A key text of this special issue is the last chapter of the book by Alfred R. Wallace titled Contributions to the Theory of Natural Selection. Wallace is the co-discoverer – along with Darwin, of course – of natural selection. In the chapter proposed here, the author expresses his doubts about the assumption that natural selection could effectively explain every aspect of human evolution. The book has been published in 1870, and should be appropriately contextualized in its age. Some of the arguments used there are no longer entirely adequate to the current developments in evolutionary biology. Also the “spiritualistic” perspective emerging from the text would nowadays receive strict criticisms. Nonetheless, the text is interesting from at least two viewpoints (beyond the purely historical interest). First, Wallace clearly states a problem (the one about the limits of natural selection in the case of the human being) that is a current widely discussed issue – not just in the field of “science and faith” but also in biology stricto sensu. This also bears relation with the more general ongoing “rethink” of evolutionary theorizing (which Wallace could not foresee, obviously). Secondly, Wallace chapter is an example of interdisciplinary speculation by a biologist/naturalist that might appear as totally extraneous to the work of a professional biologist nowadays (though it is not always so, indeed), but that certainly was not unknown to scientists working in Wallace’s time or earlier: think to the figures of George Boole (1815-1864) or of Augustin Cauchy (1789-1857), not to speak of Galilei and Newton.
To show how the problem pointed out by Wallace keeps being perceived in more recent times, the next proposed text is a Science paper by T. Dobzhansky and M.F. Ashley Montague addressing the very issue of the relationship between natural selection and the “mental capacities of mankind”. Of note that the text has been published, by one of the main scientific journals, in 1947 – i.e. in the period when the refinement of the Modern Synthesis was taking place (also thanks, as we saw, to the contribution of Dobzhansky himself).

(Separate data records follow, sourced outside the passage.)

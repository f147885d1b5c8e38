-- ===== src/Approval/Use.antt =====
-- backend/app/core/approval_registry.py: `approve` followed by `consume`.
use mama_ai.Prelude.{ℕ, String, ◌≡◌, ◌<◌, arith, some, refl, false, lt→not_leb, eq_iff, subst, sym}
use mama_ai.Dict
use mama_ai.Result.{ok, ◌>>=◌}
use mama_ai.Exec.{Exec}
use mama_ai.Exec.Ensures.{Ensures-ok}
use mama_ai.Approval.{approved, consumed, ApprovalRecord, ApprovalGrant, validate_text, is_due}
use mama_ai.Approval.Registry.{
  ApprovalRegistry, approve, consume, persist, write_or, set_record, open_record, verify_owner,
  verify_grant, refresh, require_locked,
}
use mama_ai.Approval.Grant.{approve_lem, spent_record, granted_record}

module _ {Db : Type 0} (save_approval : ApprovalRecord → Exec Db (Unit {0})) where
  -- A write returns its record, or raises what persisting it raises.
  write_or-persist :
      (restore : ApprovalRegistry Db → ApprovalRegistry Db)
      → (id : String) (r : ApprovalRecord) (s : ApprovalRegistry Db)
      → (write_or save_approval restore id r s).0
        ≡ ((persist save_approval r (set_record id r s)).0 >>= λ u. ok r)
  unfolding write_or
  write_or-persist restore id r s = ground arith

  in_time : (now : ℕ) (r : ApprovalRecord) → now < r.expires_at → is_due now r ≡ false
  unfolding is_due
  in_time now r t = ground (arith, lt→not_leb r.expires_at now t)

  -- A record before its expiry is opened by its owner as it is.
  open_record-get :
      (id owner : String) (now : ℕ) (r : ApprovalRecord) (s : ApprovalRegistry Db)
      → Dict.get id s.records ≡ some r
      → r.owner_id ≡ owner
      → now < r.expires_at
      → open_record save_approval id owner now s ≡ (ok r, s)
  unfolding open_record refresh verify_owner require_locked
  open_record-get id owner now r s g o t =
      rw (g, in_time now r t, (eq_iff r.owner_id owner).1 o) refl

verify_grant-ok :
    (r : ApprovalRecord) (hash : String)
    → r.status ≡ approved
    → r.token_hash ≡ some hash
    → verify_grant r r.task_id hash ≡ ok tt
unfolding verify_grant
verify_grant-ok r hash p q = ground (arith, eq_iff r.task_id r.task_id, eq_iff hash hash)

module _ {Db : Type 0} (save_approval : ApprovalRecord → Exec Db (Unit {0}))
    (hash_token : String → String) where
  -- `consume` of an approved record before its expiry, with a matching token
  consume-granted :
      (id task owner secret a k o c : String) (now later : ℕ) (r : ApprovalRecord)
      → (s : ApprovalRegistry Db) → validate_text a "Approval ID" ≡ ok id
      → validate_text k "Task ID" ≡ ok task
      → validate_text o "Owner ID" ≡ ok owner
      → validate_text c "Approval token" ≡ ok secret
      → Dict.get id s.records ≡ some r
      → r.owner_id ≡ owner
      → now < r.expires_at
      → verify_grant r task (hash_token secret) ≡ ok tt
      → (consume save_approval hash_token a k o c now later s).0 ≡ (
          (persist save_approval (spent_record r later) (set_record id (spent_record r later) s)).0
          >>= λ u. ok (spent_record r later))
  unfolding consume
  consume-granted id task owner secret a k o c now later r s vi vk vo vc g w t v = ground (
    arith,
    open_record-get save_approval id owner now r s g w t,
    write_or-persist save_approval (set_record id r) id (spent_record r later) s,
  )

  -- After an `approve` that returned a grant, `consume` with the task and token of the grant, by
  -- the same owner and before the expiry, returns a consumed record of this task, or raises exactly
  -- what persisting this record raises, if the task ID and the token of the grant are valid texts
  -- without white space around them.
  pub approve-consume :
      (approval_id owner_id token : String) (now later now' later' : ℕ) (s : ApprovalRegistry Db)
      → {g : ApprovalGrant}
      → (approve save_approval hash_token token approval_id owner_id now later s).0 ≡ ok g
      → validate_text g.task_id "Task ID" ≡ ok g.task_id
      → validate_text g.token "Approval token" ≡ ok g.token
      → now' < g.expires_at
      → let s' = (approve save_approval hash_token token approval_id owner_id now later s).1 in
        (id : String) × (u : ApprovalRecord) × ((consume save_approval hash_token approval_id
            g.task_id owner_id g.token now' later' s').0
          ≡ ((persist save_approval u (set_record id u s')).0 >>= λ x. ok u))
        × (u.status ≡ consumed)
        × (u.task_id ≡ g.task_id)
  approve-consume a o token now later now' later' s {g} h vk vc t =
      let (id, owner, i, w, p) =
        Ensures-ok (approve_lem save_approval hash_token token a o now later s) h in
      let s' = (approve save_approval hash_token token a o now later s).1 in
      let r = granted_record p.asked later (hash_token token) in
      (
        id,
        spent_record r later',
        consume-granted id g.task_id owner g.token a g.task_id o g.token now' later' r s' i vk w vc
            p.here p.owned (subst (λ n. now' < n) p.the_expiry t)
            (rw (p.the_task, p.the_token) (verify_grant-ok r (hash_token token) refl refl)),
        refl,
        sym p.the_task,
      )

The sixth proposed text is a Précis of the famous book Evolution in Four Dimensions (2005), by E. Jablonka and M.J. Lamb. The Précis has been published in 2007 by the authoritative journal Brain and Behavioral Sciences as followed by comments authored by many influential scholars in the field, and by an authors’ final reply. We propose here only the main text (with a short presentation). The paper is helpful as it introduces the main topics of the mentioned book, which is one of the works certainly spurring the process of theoretical rethink of evolutionary biology already mentioned more than once in this introduction.
The special issue closes with a very interesting Nature paper published in 2014 in which the voices of the supporters of the Modern Synthesis and those of the proponents of the Extended Synthesis are confronted point by point on key issues. This paper gives a clear impression that evolutionary biology is at the threshold of a paradigmatic revolution.
 The “Darwin's finches” are so called as they captured Darwin’s attention when he reached the Galapagos islands with the Beagle. The inter- and intra-specific variability of Galapagos finches is really astonishing. Moreover, more recent studies on those bird populations offer clearcut conformation of the actual effectiveness of natural selection: P.R. Grant - B.R. Grant, How and why species multiply. The radiation of Darwin’s finches, Princeton University Press, Princeton – Oxford 2008. P.R. Grant, Ecology and evolution of Darwin’s finches, Princeton University Press, Princeton 19992.
 Cf. K. Laland – G. Wray, et al., “Does Evolutionary Theory Need a Rethink?”, Nature, 514 (2014): 161-164. (This paper is proposed as the last document in the present special issue.)